Боня заметила это и, спросив, не хочет ли он есть, предложила свою кровать.
— Я потом лягу рядом с тобой...— успокоила она. — Ты ведь раздеваться не будешь?
Матвей изумился простоте девушки в отношении его, но спорить не стал и улегшись, немедленно заснул.

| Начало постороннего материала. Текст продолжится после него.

-- ===== src/Agent/Server.antt =====
-- src/agent/server.rs: the service of the workspace agent. `run` is what a run of Pulumi with given
-- arguments comes to, and `trim` is `str::trim`.
pub mod Recorded
use pulumi_rs_kube_operator.Base.{
  ℕ, Bool, true, false, ◌||◌, not, Option, none, some, or_else, List, [], ◌∷◌, ◌++◌, map, Result,
  ok, err, Text, text, any, starts_with, if◌then◌else◌,
}
use pulumi_rs_kube_operator.Core.Lock.{Status}
use pulumi_rs_kube_operator.Controllers.Protocol.{UpResult, OperationResult, result}
use pulumi_rs_kube_operator.Controllers.Secret.{join_with}
use pulumi_rs_kube_operator.Controllers.StreamUpdate.{Stream}
use pulumi_rs_kube_operator.Agent.Redact.{redact_stderr}
use pulumi_rs_kube_operator.Agent.Command.{
  Args, select_stack_args, add_environment_args, install_args, cancel_args, version_args, flag_arg,
}
use pulumi_rs_kube_operator.Agent.Process.{PulumiResult}

-- What a run of Pulumi that is waited for gives: an error of the system, output that is text or
-- not, or a failure with what it wrote to its error stream.
pub data Output : Type 0 where
  not_run : (message : Text) → Output
  success : (stdout : Text) → Output
  not_utf8 : (message : Text) → Output
  failure : (stderr : Text) → Output

abbrev pub internal : Text → Status
internal message = record { code = 13; status_message = message }

unfoldable pub run_pulumi : Output → Result Status Text
run_pulumi (not_run message) = err (internal (text "failed to run pulumi: " ++ message))
run_pulumi (success stdout) = ok stdout
run_pulumi (not_utf8 message) = err (internal (text "invalid output: " ++ message))
run_pulumi (failure stderr) = err (internal (text "pulumi failed: " ++ redact_stderr stderr))

unfoldable pub answer_with : {A : Type 0} → A → Result Status Text → Result Status A
answer_with a (ok out) = ok a
answer_with a (err e) = err e

module _ (run : Args → Output) where
  unfoldable pub serve_select_stack : Text → Option Bool → Result Status (Unit {0})
  unfolding run_pulumi answer_with
  serve_select_stack stack_name create =
      answer_with tt (run_pulumi (run (select_stack_args stack_name create)))

  -- Each step needs that the one before it succeeded.
  unfoldable pub run_each : List Args → Result Status (Unit {0})
  unfolding run_pulumi
  run_each [] = ok tt
  run_each (args ∷ rest) = elim (run_pulumi (run args)) [ err e ↦ err e | ok out ↦ run_each rest ]

  unfoldable pub serve_install : Result Status (Unit {0})
  unfolding run_pulumi answer_with
  serve_install = answer_with tt (run_pulumi (run install_args))

  unfoldable pub serve_cancel_update : Result Status Text
  unfolding run_pulumi answer_with
  serve_cancel_update = answer_with (text "Lock cleared") (run_pulumi (run cancel_args))

  unfoldable pub serve_add_environments : List Text → Result Status (Unit {0})
  unfolding run_each
  serve_add_environments environments = run_each (map add_environment_args environments)

  unfoldable pub serve_pulumi_version : (trim : Text → Text) → Result Status Text
  unfolding run_pulumi
  serve_pulumi_version trim = elim (run_pulumi (run version_args)) [
    | err e ↦ err e
    | ok out ↦ ok (trim out)
  ]

-- The message of an operation that failed.
unfoldable pub failure_message : (trim : Text → Text) → Text → (redacted : Text) → Text
failure_message trim prefix [] = prefix ++ text "unknown error"
failure_message trim prefix (c ∷ cs) = prefix ++ trim (c ∷ cs)

-- What the streams carry: one message, whatever the run came to.
unfoldable pub up_stream : (trim : Text → Text) → PulumiResult → Stream UpResult
unfolding failure_message
up_stream trim r =
    if r.failed
    then err (internal (failure_message trim (text "pulumi up failed: ") (redact_stderr r.stderr)))
      ∷ []
    else ok (
        some (
          result (record {
            stdout = r.stdout;
            stderr = redact_stderr r.stderr;
            permalink = r.permalink;
            outputs = r.outputs;
          })))
      ∷ []

unfoldable pub result_of : PulumiResult → OperationResult
result_of r = record { stdout = r.stdout; stderr = redact_stderr r.stderr; permalink = r.permalink }

unfoldable pub destroy_stream : (trim : Text → Text) → PulumiResult → Stream OperationResult
unfolding failure_message result_of
destroy_stream trim r =
    if r.failed
    then err
        (internal (failure_message trim (text "pulumi destroy failed: ") (redact_stderr r.stderr)))
      ∷ []
    else ok (some (result (result_of r))) ∷ []

unfoldable pub preview_stream : PulumiResult → Stream OperationResult
unfolding result_of
preview_stream r = ok (some (result (result_of r))) ∷ []

unfoldable pub refresh_stream : PulumiResult → Stream OperationResult
unfolding result_of
refresh_stream r = ok (some (result (result_of r))) ∷ []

Ровно в четыре часа, как он это и задумал с вечера, Матвей проснулся. Возле себя Матвей почувствовал лежавшую девушку. Он осторожно приподнялся над ней и спустился на пол. Затем он нашел при свете спички выключатель и зажег лампочку.
Он посмотрел на девушку. Та, обеспокоенная светом, сощурила сомкнутые глаза. Матвей наклонился к ней и поцеловал ее.
Девушка проснулась и лукаво улыбнулась ему, поведя вокруг взглядом и заставляя его тем самым подумать об интимности обстановки.
Матвей понял это и взял девушку за руку. Он только что хотел ей что-то сказать, как вдруг снаружи грохот и раскаты какого-то потрясающего взрыва всколыхнули воздух и самую комнату, в которой находились молодые люди.
— Что это? — с ужасом поднялась на койке девушка.
Матвей выпустил ее руку, схватил со столика револьвер и, спустив предохранитель, быстро начал засовывать его за пояс.
Какая-то пачечная отдаленная, но ясно слышная стрельба стала доноситься до слуха девушки.
— Мотя, не ходи, бой начался, убьют тебя!
— Нет, Боня, я сейчас узнаю, что там происходит и тогда приду опять.
— Не ходи!— схватилась за него руками девушка.
Матвей успокаивающе отвел ее,
— Не больше как через полчаса я возвращусь; подожди, Боня... Можешь даже дверей не закрывать.
И Матвей вышел из комнаты. Он оказался в коридорчике. По нескольким ступенькам он сбежал к парадному и через минуту был на улице.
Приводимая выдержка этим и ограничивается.